McDavid arrival drives ticket prices outside Edmonton

Connor McDavid is already helping the Edmonton Oilers off the ice. Even before the start of the NHL regular season, the addition of the top draft pick has seen Oilers’ ticket sales climb 131 per cent compared to last year on the secondary market, according to StubHub.com.

TORONTO — Connor McDavid is already helping the Edmonton Oilers off the ice.

Even before the start of the NHL regular season, the addition of the top draft pick has seen Oilers’ ticket sales climb 131 per cent compared to last year on the secondary market, according to StubHub.com.
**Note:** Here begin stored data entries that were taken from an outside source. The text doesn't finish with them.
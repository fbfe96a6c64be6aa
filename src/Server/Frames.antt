-- ===== src/Server/Frames.antt =====
-- sse.go: the text of the frames; snapshot.go: the name of the event.
pub mod Reader
pub mod RoundTrip
use star_car.Prelude.{◌≡◌, refl, String, [], ◌∷◌, sprint}

abbrev sse_event_name : String
sse_event_name = "yard"

-- What `writeSSEFrame` writes.
unfoldable pub sse_frame : String → String
sse_frame payload = sprint ("event: " ∷ sse_event_name ∷ "\ndata: " ∷ payload ∷ "\n\n" ∷ [])

-- What `writeSSEHeartbeat` writes.
unfoldable pub sse_heartbeat : String
sse_heartbeat = ": heartbeat\n\n"

frame_test : sse_frame "{}" ≡ "event: yard\ndata: {}\n\n"
unfolding sse_frame sprint
frame_test = refl
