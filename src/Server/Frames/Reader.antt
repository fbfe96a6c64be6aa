-- ===== src/Server/Frames/Reader.antt =====
-- A reader of event streams, after the format that a browser's EventSource reads, and what it
-- makes of the text that handlers.go and sse.go write.
use Prim.Native.Char.{Char, code}
use Prim.Native.String
use star_car.Prelude.{
  ◌≡◌, refl, Bool, true, false, ◌||◌, String, Option, none, some, List, [], ◌∷◌, ◌++◌, eqb,
  if◌then◌else◌,
}
use star_car.Paths.{has_prefix, trim_prefix}
use star_car.Server.Frames.{sse_frame, sse_heartbeat}
use star_car.Server.Connections.{StreamEvent, frame, heartbeat}

-- The text of what a handler has written, the newest last.
unfoldable pub written_text : List StreamEvent → String
unfolding sse_frame sse_heartbeat
written_text [] = ""
written_text (frame payload ∷ events) = String.◌++◌ (sse_frame payload) (written_text events)
written_text (heartbeat ∷ events) = String.◌++◌ sse_heartbeat (written_text events)

-- The events that a reader should find: the frames, under the name "yard".
abbrev pub events_of : List StreamEvent → List (String × String)
events_of [] = []
events_of (frame payload ∷ events) = ("yard", payload) ∷ events_of events
events_of (heartbeat ∷ events) = events_of events

abbrev pub is_line_end : Char → Bool
is_line_end c = eqb (code c) 10 || eqb (code c) 13

unfoldable pub is_one_line : String → Bool
is_one_line String.[] = true
is_one_line (String.◌∷◌ c s) = let rest = is_one_line s in if is_line_end c then false else rest

unfoldable pub cons_line : Char → List String → List String
cons_line c [] = String.◌∷◌ c String.[] ∷ []
cons_line c (line ∷ lines) = String.◌∷◌ c line ∷ lines

-- The lines of a text, the last of which is not ended.
unfoldable pub lines_of : String → List String
unfolding cons_line
lines_of String.[] = "" ∷ []
lines_of (String.◌∷◌ c s) =
    let rest = lines_of s in if is_line_end c then "" ∷ rest else cons_line c rest

pub data Field : Type 0 where
  blank ignored : Field
  event_name event_data : String → Field

unfoldable pub drop_space : String → String
unfolding has_prefix trim_prefix
drop_space s = if has_prefix s " " then trim_prefix s " " else s

unfoldable pub is_blank : String → Bool
is_blank String.[] = true
is_blank (String.◌∷◌ c s) = false

unfoldable pub field_of : String → Field
unfolding drop_space is_blank has_prefix trim_prefix
field_of line =
    if is_blank line
    then blank
    else if has_prefix line "event:"
    then event_name (drop_space (trim_prefix line "event:"))
    else if has_prefix line "data:"
    then event_data (drop_space (trim_prefix line "data:"))
    else ignored

-- The name and the data of the event that is being read.
pub record Pending : Type 0 where
  pub name : String
  pub content : Option String

abbrev pub nothing_pending : Pending
nothing_pending = record { name = ""; content = none }

unfoldable pub add_data : Option String → String → String
add_data none s = s
add_data (some old) s = String.◌++◌ old (String.◌++◌ "\n" s)

-- An event is handed on at a blank line, if there are data.
unfoldable pub handed_on : Pending → Option String → List (String × String)
handed_on pending none = []
handed_on pending (some text) = (pending.name, text) ∷ []

unfoldable pub read_field : Pending → Field → List (String × String) × Pending
unfolding handed_on add_data
read_field pending blank = (handed_on pending pending.content, nothing_pending)
read_field pending ignored = ([], pending)
read_field pending (event_name s) = ([], record pending { name = s })
read_field pending (event_data s) =
    ([], record pending { content = some (add_data pending.content s) })

unfoldable pub read_lines : Pending → List String → List (String × String)
unfolding read_field field_of
read_lines pending [] = []
read_lines pending (line ∷ []) = []
read_lines pending (line ∷ next ∷ lines) =
    let (found, pending') = read_field pending (field_of line) in
    found ++ read_lines pending' (next ∷ lines)

-- The events of a text, as name and data.
unfoldable pub read_events : String → List (String × String)
unfolding read_lines lines_of
read_events s = read_lines nothing_pending (lines_of s)

reader_test :
    read_events ": hi\n\nevent: yard\ndata: {}\n\ndata:1\ndata:2\n\nevent: yard\ndata: cut"
    ≡ ("yard", "{}") ∷ ("", "1\n2") ∷ []
unfolding read_events
reader_test = refl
McDavid’s arrival has catapulted Edmonton from 16th to sixth-best selling team on the ticket resale website.

“It’s not just Connor McDavid, it’s the idea that he’s the first since Mark Messier and Wayne Gretzky to really bring a lot of buzz to the town,” said Jeff Poirier, StubHub Canada country manager. “I think there’s not just renewed hope around that, but there’s also this sort of nostalgic thing going on around Rexall Place and the fact that that’s going to be replaced by Rogers Place.”

Poirier suggested that there could be extra demand for Oilers tickets at the end of the season with the expectation that there would be a special ceremony at Rexall Place, where the classic Edmonton teams of the 1980s and early 1990s won their five Stanley Cups.

McDavid’s impact extends beyond northern Alberta, with the Oilers becoming the seventh-best selling road team in the NHL, joining the ranks of bigger market teams like the Original Six and Pittsburgh Penguins.

“Coming into the season people knew he was going to be there,” said Poirier.

“In terms of the NHL, I’m not sure that we’ve seen, at least in recent history, a jump like this due to one player.”

To put McDavid’s impact in context, LeBron James’s return to Cleveland last season saw Cavaliers ticket sales rocket up more than 1,000 per cent. Tampa Bay Buccaneers sales rose 15 per cent after drafting quarterback Jameis Winston first overall heading into this NFL season.

The Toronto Blue Jays saw a 73-per-cent spike in secondary-market ticket sales after the acquisition of ace David Price and all-star shortstop Troy Tulowitzki at baseball’s trade deadline.

An increased demand has driven up the cost of Oilers tickets slightly, with the average ticket price on the secondary market rising to US$156 from $152 a year ago, according to SeatGeek.com, a website that aggregates prices on ticket resales.

Calgary Flames tickets have also escalated with an average cost of $120 compared to $117 last season, as have Ottawa Senators seats which are now $92 versus $89.

The rebuilding Toronto Maple Leafs have seen ticket prices drop nearly 20 per cent from $252 to $194. The Montreal Canadiens’ average resale price is $161, down from $164 a year ago. Vancouver Canucks tickets are at $113, down slightly from $115 last season.

Due to stricter resale laws in Manitoba figures for the Winnipeg Jets are unavailable.